[Stored items]
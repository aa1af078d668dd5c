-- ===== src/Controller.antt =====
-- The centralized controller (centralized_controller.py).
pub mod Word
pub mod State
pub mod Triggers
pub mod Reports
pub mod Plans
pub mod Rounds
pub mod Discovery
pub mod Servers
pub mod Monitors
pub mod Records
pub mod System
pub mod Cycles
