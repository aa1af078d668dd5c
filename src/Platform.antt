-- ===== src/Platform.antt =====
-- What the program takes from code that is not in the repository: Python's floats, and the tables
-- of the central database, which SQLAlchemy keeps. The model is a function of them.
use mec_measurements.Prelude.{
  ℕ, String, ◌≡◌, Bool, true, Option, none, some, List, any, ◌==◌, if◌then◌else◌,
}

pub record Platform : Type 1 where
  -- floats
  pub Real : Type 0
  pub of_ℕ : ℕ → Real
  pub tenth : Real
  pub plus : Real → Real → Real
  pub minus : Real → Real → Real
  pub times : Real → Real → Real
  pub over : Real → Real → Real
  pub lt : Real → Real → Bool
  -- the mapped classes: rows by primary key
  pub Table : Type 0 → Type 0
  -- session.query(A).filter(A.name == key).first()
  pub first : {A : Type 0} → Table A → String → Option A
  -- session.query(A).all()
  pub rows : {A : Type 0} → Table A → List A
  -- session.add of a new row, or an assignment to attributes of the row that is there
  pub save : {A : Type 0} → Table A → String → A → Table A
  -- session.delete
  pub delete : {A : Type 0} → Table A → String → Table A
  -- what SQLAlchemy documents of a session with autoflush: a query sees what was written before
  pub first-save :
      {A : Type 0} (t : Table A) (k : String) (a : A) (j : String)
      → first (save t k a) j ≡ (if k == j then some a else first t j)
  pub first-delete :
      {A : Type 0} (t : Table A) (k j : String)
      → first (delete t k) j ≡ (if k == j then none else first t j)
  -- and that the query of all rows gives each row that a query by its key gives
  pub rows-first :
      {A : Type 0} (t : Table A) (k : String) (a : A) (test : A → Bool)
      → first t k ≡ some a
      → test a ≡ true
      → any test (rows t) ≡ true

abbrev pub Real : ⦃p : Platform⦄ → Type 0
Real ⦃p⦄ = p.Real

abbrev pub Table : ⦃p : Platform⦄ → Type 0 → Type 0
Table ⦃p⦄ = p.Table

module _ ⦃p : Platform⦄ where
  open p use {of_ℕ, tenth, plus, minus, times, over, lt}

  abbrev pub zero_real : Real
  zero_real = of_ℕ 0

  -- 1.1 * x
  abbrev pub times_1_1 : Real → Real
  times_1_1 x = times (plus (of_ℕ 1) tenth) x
...
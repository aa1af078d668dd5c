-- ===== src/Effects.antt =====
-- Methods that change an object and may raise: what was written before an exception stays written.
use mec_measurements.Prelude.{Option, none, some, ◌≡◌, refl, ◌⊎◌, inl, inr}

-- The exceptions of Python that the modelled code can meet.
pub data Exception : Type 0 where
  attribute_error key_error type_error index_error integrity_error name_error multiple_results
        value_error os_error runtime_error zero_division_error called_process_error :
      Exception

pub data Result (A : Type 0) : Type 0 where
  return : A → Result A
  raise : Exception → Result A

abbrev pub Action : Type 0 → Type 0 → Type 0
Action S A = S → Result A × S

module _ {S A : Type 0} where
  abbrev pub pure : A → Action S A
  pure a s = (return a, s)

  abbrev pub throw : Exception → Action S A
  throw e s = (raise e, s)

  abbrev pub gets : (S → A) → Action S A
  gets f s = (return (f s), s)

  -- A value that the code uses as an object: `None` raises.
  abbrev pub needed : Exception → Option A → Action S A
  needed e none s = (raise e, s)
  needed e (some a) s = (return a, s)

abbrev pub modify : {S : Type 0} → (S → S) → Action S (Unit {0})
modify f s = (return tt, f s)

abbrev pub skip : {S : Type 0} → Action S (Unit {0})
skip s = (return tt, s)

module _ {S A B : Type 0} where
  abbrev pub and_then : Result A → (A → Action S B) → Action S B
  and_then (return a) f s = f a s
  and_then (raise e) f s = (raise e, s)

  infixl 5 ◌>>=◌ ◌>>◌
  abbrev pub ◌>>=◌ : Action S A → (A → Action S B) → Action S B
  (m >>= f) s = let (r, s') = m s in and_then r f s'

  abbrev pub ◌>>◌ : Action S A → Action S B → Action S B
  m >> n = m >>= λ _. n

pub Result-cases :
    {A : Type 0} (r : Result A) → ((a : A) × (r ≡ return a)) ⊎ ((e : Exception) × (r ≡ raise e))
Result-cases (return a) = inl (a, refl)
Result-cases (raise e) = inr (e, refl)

(REQUIREMENT): Pull every line containing "that" out of the entries.

(RESPONSE BOX):
-- What the program takes from code that is not in the repository: Python's floats, and the tables
  -- session.add of a new row, or an assignment to attributes of the row that is there
  -- and that the query of all rows gives each row that a query by its key gives
-- Methods that change an object and may raise: what was written before an exception stays written.
-- The exceptions of Python that the modelled code can meet.
  -- A value that the code uses as an object: `None` raises.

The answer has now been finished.